Everything that seriously threatens the frog comes from outside of its watery world. The frog is victim of a physics and a chemistry that defy the rules the frog has mastered.

You, ten years old wading in your rolled-up green shorts, discovered that the frog is only vulnerable if you play by YOUR rules. A frog cannot escape a net. The frog, with its spindly front legs, is befuddled by a child with a stone.

Flee, hide, wait, live to flee again, that's all a frog needs to know. But some enemies compress life to a fragment of a second, while other wait forever. Against them, he has no defense. A frog may swim pell-mell away from the fluorescent green of spilled methyl chloride, and never know how patiently this enemy will stalk him.

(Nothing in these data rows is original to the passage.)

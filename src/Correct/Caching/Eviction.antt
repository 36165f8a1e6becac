-- ===== src/Correct/Caching/Eviction.antt =====
-- `PushFront` and `evictOldest` of `LRUProgramCache`: the newest and the oldest element.
use mathlib.Core.Path.{subst}
use risk_engine.Prelude.{
  ℕ, suc, ◌≡◌, refl, sym, ◌∙◌, ap, none, some, List, [], ◌∷◌, Str, ◌==◌, length, Bool-cases, inl,
  inr, if◌then◌else◌, arith, str_eq, eq_of_str_eq, str_eq_refl, take,
}
use risk_engine.GoMap.{
  find, put, remove, Once, string_keys, number_keys, find-put, put-Once, length-put_new,
}
use risk_engine.Cache.Lru.{Element, back, detach}
use risk_engine.Correct.Caching.Elements.{entries, indexed, entries-detach}
use risk_engine.Correct.Caching.Index.{Indexes, index-Tells}

module _ {V : Type 0} where
  -- A key that the list has not.
  pub entries-absent :
      (k : Str) (order : List (Element V))
      → find k (indexed order) ≡ none
      → find k (entries order) ≡ none
  unfolding find
  entries-absent k [] p = refl
  entries-absent k (el ∷ order) p = elim (Bool-cases (str_eq el.key k)) [
    | inl e ↦ absurd (let g = (rw (find, e) at p) in cc)
    | inr e ↦ rw (find, e) (entries-absent k order (rw (find, e) at p))
  ]

  pub entries-Once : (order : List (Element V)) → Once (indexed order) → Once (entries order)
  unfolding find
  entries-Once [] h = tt
  entries-Once (el ∷ order) (h, t) = (entries-absent el.key order h, entries-Once order t)

  pub length-entries : (order : List (Element V)) → length (entries order) ≡ length order
  length-entries [] = refl
  length-entries (el ∷ order) = ap suc (length-entries order)

  -- The oldest element.
  pub back_cons :
      (el : Element V) (order : List (Element V))
      → (oldest : Element V) × (back (el ∷ order) ≡ some oldest)
  unfolding back
  back_cons el [] = (el, refl)
  back_cons el (next ∷ order) = back_cons next order

  pub indexed-back :
      (order : List (Element V)) (oldest : Element V)
      → back order ≡ some oldest
      → Once (indexed order)
      → find oldest.key (indexed order) ≡ some oldest.handle
  unfolding back find
  indexed-back [] oldest e h = cc
  indexed-back (el ∷ []) oldest e h =
      let same : el ≡ oldest = cc in rw (← same) (rw (find, str_eq_refl el.key) refl)
  indexed-back (el ∷ next ∷ order) oldest e (h, t) =
      let found = indexed-back (next ∷ order) oldest e t in
      elim (Bool-cases (str_eq el.key oldest.key)) [
        | inl same ↦ absurd (
            clash (
              sym (
                subst (λ x. find x (indexed (next ∷ order)) ≡ none)
                  (eq_of_str_eq el.key oldest.key same) h)
              ∙ found))
        | inr other ↦ rw (find, other) found
      ]
    where
      clash : {n : ℕ} → none ≡ some n → ⊥
      clash e = cc

  -- Without its oldest entry a list is its beginning.
  remove-back :
      (el : Element V) (order : List (Element V)) (oldest : Element V)
      → back (el ∷ order) ≡ some oldest
      → Once (indexed (el ∷ order))
      → remove oldest.key (entries (el ∷ order)) ≡ take (length order) (entries (el ∷ order))
  unfolding back remove find
  remove-back el [] oldest e h =
      let same : el ≡ oldest = cc in rw (← same) (rw (remove, str_eq_refl el.key) refl)
  remove-back el (next ∷ order) oldest e (h, t) = elim (Bool-cases (str_eq el.key oldest.key)) [
    | inl same ↦ absurd (
        clash (
          sym (
            subst (λ x. find x (indexed (next ∷ order)) ≡ none)
              (eq_of_str_eq el.key oldest.key same) h)
          ∙ indexed-back (next ∷ order) oldest e t))
    | inr other ↦
        rw (remove, other) (ap (◌∷◌ (el.key, el.value)) (remove-back next order oldest e t))
  ]
    where
      clash : {n : ℕ} → none ≡ some n → ⊥
      clash e = cc

  module _ {items : List (Str × ℕ)} {next : ℕ} {order : List (Element V)}
      (i : Indexes items next order) where
    pub found-back :
        (oldest : Element V) → back order ≡ some oldest → find oldest.key items ≡ some oldest.handle
    found-back oldest e = i.agrees oldest.key ∙ indexed-back order oldest e i.keys_once

    pub entries-evicted :
        (oldest : Element V) (n : ℕ)
        → back order ≡ some oldest
        → length order ≡ suc n
        → entries (detach oldest.handle order) ≡ take n (entries order)
    entries-evicted oldest n e len =
        entries-detach oldest.key oldest.handle order
          (index-Tells i oldest.key oldest.handle (found-back oldest e))
        ∙ beginning order e len i.keys_once
      where
        beginning :
            (order : List (Element V))
            → back order ≡ some oldest
            → length order ≡ suc n
            → Once (indexed order)
            → remove oldest.key (entries order) ≡ take n (entries order)
        beginning [] e len h = absurd (omega arith)
        beginning (el ∷ order) e len h =
            remove-back el order oldest e h ∙ ap (λ n. take n (entries (el ∷ order))) (omega arith)

    pub Indexes-push :
        (k : Str) (v : V)
        → find k items ≡ none
        → Indexes
            (put k next items)
            (suc next)
            (record { handle = next; key = k; value = v } ∷ order)
    unfolding find
    Indexes-push k v absent = record {
      counted = length-put_new k next items absent ∙ ap suc i.counted;
      items_once = put-Once k next items i.items_once;
      keys_once = (sym (i.agrees k) ∙ absent, i.keys_once);
      handles_once = (i.fresh next (omega arith), i.handles_once);
      agrees =
          λ j. find-put k j next items ∙ ap (λ x. if str_eq k j then some next else x) (i.agrees j);
      fresh = λ n le. elim (Bool-cases (next == n)) [
        | inl same ↦ absurd (ground arith)
        | inr other ↦ rw (find, other) (i.fresh n (omega arith))
      ];
    }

So there you are again, my froggy reader. Like the frog, you and I have few enemies in our daily realm. Tigers could get us, and in fact a few of us are eaten by tigers and bears each year, but we can generally defend ourselves against those threats. Other humans pose a much greater threat, because our advantages cancel each other out.

By far the greatest threat to us enters our world from outside, as the heron enters the world of the frog. We are upended by things that do not exist naturally--radiation, chemical poisons, and the like. Our bodies are not immune to them, and neither flight nor fight will do us any good against them. They get into the water, and because we spend our whole lives in water, we are vulnerable. One only has to look at our neighbors the frogs to see how vulnerable.

Go down to the neighborhood wetland and listen to the frogs. They are telling you something. And when they stop singing their message to you, then you should get really worried.

Pure water, that's all they are. We can learn a lot from frogs.